Range to reproduce from the entries below: the line with "unfoldable pub keep", the line with "lookup-put k j v [] = refl", and every line in between. Give them exactly and give nothing else.

╭─ INFORMATION

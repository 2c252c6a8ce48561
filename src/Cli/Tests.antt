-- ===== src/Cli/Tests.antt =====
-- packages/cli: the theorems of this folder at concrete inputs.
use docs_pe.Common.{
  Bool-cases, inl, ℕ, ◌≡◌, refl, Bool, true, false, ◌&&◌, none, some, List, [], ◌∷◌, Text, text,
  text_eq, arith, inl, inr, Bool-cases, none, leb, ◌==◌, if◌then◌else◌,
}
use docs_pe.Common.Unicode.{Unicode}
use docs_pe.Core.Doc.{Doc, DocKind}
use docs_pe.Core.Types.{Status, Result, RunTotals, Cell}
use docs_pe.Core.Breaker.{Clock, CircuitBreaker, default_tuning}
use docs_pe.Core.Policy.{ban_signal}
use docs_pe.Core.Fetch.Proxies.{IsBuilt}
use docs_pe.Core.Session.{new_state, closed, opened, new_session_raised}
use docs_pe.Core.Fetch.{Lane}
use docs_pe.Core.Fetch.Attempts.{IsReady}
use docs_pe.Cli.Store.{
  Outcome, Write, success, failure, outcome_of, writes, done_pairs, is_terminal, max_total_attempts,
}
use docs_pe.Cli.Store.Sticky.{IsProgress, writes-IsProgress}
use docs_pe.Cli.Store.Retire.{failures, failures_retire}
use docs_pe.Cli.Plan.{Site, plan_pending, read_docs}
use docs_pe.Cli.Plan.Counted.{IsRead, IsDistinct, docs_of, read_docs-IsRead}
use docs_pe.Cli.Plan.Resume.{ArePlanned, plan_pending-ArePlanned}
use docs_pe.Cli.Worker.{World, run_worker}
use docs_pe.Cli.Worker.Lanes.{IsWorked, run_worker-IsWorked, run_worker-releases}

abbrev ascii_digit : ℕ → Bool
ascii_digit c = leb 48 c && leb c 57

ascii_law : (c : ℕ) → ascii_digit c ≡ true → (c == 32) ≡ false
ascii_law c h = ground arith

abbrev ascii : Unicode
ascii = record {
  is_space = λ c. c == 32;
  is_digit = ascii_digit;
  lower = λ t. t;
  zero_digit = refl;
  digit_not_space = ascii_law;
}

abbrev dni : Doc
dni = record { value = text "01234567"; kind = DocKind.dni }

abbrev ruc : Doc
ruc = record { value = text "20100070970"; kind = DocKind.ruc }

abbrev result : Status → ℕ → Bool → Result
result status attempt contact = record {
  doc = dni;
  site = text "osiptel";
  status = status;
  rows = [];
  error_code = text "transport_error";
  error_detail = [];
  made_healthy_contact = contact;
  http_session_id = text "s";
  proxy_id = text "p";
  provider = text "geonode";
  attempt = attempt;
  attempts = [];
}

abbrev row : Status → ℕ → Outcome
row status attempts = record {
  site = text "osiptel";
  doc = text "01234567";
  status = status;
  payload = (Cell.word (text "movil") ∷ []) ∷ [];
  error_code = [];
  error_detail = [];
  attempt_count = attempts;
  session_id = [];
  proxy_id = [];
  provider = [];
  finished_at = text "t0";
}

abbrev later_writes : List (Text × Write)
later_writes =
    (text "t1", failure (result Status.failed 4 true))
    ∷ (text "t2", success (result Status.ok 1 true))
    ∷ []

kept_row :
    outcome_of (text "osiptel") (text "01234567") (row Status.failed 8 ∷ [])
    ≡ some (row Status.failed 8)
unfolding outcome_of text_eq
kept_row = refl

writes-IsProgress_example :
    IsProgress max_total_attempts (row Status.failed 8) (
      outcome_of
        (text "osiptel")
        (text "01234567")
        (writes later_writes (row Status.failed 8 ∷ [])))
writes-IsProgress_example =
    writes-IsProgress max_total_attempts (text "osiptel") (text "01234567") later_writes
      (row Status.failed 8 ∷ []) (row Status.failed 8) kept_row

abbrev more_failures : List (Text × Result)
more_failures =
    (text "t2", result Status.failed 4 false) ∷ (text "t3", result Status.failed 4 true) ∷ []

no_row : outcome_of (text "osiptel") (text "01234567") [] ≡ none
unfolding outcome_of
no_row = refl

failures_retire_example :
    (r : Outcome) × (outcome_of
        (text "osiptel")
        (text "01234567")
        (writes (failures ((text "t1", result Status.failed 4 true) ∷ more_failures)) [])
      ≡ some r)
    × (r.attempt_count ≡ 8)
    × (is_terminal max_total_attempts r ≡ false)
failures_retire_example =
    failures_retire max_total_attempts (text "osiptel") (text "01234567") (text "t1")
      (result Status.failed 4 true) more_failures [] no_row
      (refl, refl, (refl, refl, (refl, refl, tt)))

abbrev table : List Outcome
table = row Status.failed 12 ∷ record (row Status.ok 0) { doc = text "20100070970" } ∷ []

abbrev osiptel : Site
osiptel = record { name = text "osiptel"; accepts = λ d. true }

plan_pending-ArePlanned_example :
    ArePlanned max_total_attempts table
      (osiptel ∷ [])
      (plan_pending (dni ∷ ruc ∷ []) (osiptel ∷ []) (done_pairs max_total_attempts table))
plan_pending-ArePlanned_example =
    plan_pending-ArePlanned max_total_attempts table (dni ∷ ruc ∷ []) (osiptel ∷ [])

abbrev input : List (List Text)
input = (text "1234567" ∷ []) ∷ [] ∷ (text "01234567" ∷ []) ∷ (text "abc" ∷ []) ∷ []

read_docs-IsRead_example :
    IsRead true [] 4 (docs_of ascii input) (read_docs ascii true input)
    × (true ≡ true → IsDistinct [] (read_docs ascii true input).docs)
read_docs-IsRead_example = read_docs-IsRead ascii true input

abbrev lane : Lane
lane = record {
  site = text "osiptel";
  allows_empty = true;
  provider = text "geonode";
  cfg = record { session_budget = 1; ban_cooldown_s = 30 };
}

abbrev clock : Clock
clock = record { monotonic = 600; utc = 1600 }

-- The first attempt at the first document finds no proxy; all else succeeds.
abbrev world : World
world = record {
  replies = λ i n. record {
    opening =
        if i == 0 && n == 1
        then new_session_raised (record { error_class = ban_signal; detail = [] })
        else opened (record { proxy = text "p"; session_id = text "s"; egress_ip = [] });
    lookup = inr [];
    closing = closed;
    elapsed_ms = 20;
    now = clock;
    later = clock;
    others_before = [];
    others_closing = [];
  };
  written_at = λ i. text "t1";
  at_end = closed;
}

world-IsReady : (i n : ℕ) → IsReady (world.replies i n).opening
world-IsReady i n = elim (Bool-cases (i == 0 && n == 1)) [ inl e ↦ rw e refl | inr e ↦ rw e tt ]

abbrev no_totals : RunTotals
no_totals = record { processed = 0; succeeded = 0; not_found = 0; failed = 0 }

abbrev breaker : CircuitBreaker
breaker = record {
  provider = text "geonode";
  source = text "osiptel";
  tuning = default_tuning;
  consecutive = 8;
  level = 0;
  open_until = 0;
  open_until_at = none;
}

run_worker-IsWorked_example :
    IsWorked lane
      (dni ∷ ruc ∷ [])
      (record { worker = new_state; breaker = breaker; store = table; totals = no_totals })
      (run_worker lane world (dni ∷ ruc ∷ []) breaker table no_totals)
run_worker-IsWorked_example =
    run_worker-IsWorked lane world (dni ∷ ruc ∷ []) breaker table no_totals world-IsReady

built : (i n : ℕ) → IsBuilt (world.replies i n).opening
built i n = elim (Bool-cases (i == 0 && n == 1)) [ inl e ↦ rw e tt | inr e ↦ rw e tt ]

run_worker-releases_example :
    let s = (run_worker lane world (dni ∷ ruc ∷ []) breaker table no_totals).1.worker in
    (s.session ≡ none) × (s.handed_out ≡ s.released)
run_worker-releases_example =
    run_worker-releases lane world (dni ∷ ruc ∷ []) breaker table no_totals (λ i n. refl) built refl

╰─
╭─ INFORMATION

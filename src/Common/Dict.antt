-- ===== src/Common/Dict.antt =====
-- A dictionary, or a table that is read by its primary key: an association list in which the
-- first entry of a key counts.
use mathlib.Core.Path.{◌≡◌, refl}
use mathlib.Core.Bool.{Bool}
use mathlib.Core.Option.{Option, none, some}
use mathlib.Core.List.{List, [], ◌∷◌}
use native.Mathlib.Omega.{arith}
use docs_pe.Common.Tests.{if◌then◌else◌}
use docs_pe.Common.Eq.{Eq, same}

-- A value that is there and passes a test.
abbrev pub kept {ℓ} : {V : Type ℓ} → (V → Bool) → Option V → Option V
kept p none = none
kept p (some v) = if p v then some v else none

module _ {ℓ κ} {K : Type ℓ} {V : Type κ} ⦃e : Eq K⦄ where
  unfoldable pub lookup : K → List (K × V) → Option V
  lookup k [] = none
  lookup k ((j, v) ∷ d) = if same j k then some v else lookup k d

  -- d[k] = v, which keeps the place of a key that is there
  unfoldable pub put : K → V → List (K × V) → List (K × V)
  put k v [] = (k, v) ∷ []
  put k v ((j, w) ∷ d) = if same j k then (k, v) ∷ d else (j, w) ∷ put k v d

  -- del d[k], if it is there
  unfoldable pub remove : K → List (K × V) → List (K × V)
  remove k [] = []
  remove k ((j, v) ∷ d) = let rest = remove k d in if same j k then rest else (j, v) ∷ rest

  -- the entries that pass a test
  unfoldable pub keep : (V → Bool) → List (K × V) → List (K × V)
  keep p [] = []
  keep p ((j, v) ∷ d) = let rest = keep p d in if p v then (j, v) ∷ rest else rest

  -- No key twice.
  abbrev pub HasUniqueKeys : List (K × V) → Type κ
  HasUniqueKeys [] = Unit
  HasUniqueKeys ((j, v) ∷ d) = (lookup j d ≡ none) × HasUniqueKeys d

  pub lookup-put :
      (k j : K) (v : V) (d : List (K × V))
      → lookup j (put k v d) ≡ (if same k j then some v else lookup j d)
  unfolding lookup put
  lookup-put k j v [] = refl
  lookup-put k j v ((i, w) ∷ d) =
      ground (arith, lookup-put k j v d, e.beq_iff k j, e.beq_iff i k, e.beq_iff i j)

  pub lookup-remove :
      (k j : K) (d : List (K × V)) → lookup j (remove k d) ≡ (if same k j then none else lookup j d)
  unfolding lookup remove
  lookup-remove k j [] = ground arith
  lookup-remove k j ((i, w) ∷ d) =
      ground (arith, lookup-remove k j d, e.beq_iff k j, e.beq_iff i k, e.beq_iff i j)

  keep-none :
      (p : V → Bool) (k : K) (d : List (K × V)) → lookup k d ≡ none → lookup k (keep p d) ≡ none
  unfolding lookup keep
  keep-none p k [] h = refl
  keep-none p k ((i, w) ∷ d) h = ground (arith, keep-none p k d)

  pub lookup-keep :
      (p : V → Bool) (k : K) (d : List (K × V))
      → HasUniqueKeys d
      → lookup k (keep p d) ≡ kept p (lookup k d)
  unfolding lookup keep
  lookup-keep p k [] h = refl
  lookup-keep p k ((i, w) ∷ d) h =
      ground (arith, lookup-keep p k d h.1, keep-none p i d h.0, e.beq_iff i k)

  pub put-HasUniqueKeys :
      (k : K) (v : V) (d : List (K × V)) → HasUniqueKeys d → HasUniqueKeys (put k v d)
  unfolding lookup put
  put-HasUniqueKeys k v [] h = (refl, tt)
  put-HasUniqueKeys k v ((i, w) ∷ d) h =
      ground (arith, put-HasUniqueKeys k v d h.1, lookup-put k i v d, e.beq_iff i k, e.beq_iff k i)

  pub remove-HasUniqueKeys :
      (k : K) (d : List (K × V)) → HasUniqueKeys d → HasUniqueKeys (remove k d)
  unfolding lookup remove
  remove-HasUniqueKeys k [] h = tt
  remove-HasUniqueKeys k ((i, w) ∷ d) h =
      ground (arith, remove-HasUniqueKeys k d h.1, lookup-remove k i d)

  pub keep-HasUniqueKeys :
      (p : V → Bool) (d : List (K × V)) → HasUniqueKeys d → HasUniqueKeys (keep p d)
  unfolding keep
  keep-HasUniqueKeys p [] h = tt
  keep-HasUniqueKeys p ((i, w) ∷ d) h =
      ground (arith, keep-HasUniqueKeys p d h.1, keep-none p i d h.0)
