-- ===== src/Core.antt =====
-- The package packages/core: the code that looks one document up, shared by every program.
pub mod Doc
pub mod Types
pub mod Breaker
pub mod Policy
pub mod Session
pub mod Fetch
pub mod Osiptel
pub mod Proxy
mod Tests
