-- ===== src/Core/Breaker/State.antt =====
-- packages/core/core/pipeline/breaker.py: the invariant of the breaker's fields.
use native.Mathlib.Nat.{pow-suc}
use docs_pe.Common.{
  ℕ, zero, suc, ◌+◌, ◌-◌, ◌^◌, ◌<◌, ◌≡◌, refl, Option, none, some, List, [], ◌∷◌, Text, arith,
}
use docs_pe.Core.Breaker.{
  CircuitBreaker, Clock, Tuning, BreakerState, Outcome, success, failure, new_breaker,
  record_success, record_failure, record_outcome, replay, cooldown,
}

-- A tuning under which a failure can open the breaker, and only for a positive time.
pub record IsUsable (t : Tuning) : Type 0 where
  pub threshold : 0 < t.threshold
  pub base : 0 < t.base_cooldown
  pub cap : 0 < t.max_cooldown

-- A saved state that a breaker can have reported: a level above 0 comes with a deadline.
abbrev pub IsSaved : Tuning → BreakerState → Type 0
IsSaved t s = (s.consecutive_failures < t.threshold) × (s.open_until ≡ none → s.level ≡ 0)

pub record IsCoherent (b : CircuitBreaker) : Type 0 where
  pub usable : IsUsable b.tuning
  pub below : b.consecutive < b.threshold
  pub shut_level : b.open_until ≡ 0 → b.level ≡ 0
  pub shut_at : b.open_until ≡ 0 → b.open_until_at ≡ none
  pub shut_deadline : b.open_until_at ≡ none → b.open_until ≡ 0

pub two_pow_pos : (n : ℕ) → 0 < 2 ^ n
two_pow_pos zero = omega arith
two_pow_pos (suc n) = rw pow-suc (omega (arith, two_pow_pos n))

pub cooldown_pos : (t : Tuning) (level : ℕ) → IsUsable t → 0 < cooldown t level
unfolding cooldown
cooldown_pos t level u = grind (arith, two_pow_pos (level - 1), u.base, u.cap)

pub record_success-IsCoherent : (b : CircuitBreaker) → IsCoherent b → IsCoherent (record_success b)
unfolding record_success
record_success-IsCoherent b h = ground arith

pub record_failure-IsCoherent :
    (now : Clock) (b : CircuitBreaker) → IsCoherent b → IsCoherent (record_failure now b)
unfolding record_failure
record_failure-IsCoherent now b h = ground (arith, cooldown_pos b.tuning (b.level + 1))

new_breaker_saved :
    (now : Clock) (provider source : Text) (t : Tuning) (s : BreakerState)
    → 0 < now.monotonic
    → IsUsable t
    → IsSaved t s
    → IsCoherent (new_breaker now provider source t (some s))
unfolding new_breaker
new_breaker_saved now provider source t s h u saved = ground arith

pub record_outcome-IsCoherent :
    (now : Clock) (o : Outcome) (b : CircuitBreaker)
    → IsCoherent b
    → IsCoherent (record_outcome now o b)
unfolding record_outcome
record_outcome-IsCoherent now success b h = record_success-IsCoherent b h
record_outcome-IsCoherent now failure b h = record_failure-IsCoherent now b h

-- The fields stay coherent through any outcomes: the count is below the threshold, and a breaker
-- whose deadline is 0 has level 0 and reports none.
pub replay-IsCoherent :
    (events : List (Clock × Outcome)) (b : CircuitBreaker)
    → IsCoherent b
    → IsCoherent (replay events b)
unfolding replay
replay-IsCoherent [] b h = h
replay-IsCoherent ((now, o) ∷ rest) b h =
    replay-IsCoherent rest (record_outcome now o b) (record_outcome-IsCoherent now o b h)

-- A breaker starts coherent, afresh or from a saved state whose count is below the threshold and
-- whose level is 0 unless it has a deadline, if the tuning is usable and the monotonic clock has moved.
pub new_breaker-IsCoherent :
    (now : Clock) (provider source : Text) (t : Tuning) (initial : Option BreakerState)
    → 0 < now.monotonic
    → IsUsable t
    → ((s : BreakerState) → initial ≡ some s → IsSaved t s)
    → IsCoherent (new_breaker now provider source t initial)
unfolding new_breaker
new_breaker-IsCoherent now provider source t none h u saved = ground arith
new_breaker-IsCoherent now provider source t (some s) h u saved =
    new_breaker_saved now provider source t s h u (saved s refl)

╰─
╭─ INFORMATION

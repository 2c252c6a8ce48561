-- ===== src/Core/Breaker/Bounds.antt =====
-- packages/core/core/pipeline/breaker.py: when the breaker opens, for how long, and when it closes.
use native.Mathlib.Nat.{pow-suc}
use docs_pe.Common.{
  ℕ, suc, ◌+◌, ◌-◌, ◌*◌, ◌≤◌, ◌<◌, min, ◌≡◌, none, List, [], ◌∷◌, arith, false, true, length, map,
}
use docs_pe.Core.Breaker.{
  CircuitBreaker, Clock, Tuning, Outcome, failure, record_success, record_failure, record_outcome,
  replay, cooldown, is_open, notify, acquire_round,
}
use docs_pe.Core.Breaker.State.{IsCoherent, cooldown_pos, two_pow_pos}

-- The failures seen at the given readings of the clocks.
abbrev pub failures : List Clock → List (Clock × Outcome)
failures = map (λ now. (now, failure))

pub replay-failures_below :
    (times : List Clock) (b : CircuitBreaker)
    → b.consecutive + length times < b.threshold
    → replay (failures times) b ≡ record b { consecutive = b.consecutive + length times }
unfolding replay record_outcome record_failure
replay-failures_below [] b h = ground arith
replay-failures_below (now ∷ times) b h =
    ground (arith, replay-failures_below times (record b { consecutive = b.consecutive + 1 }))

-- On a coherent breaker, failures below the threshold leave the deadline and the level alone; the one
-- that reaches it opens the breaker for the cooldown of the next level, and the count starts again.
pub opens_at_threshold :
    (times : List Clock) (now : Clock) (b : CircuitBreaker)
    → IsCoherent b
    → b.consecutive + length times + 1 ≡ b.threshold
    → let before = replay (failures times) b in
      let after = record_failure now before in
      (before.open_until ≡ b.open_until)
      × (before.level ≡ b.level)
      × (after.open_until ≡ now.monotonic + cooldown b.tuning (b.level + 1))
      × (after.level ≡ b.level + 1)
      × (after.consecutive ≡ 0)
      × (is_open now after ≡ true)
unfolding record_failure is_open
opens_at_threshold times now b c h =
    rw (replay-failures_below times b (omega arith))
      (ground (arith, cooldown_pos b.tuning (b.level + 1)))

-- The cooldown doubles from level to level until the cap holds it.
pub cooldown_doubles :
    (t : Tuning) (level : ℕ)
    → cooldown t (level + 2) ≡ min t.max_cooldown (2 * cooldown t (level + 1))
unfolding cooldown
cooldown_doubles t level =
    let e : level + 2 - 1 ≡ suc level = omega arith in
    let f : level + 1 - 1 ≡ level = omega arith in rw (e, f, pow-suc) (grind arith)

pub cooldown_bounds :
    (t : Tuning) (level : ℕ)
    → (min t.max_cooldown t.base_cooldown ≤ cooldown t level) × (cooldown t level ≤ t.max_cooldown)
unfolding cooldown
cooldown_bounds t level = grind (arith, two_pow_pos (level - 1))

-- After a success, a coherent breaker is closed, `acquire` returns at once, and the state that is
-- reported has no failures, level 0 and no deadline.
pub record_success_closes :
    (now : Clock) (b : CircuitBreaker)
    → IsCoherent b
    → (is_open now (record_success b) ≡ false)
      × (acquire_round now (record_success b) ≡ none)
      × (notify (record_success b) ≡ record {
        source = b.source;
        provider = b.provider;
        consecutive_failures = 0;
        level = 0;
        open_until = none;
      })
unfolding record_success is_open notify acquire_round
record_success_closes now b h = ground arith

╰─

- **TASK ANSWER**
  unfoldable pub keep : (V → Bool) → List (K × V) → List (K × V)
  keep p [] = []
  keep p ((j, v) ∷ d) = let rest = keep p d in if p v then (j, v) ∷ rest else rest

  -- No key twice.
  abbrev pub HasUniqueKeys : List (K × V) → Type κ
  HasUniqueKeys [] = Unit
  HasUniqueKeys ((j, v) ∷ d) = (lookup j d ≡ none) × HasUniqueKeys d

  pub lookup-put :
      (k j : K) (v : V) (d : List (K × V))
      → lookup j (put k v d) ≡ (if same k j then some v else lookup j d)
  unfolding lookup put
  lookup-put k j v [] = refl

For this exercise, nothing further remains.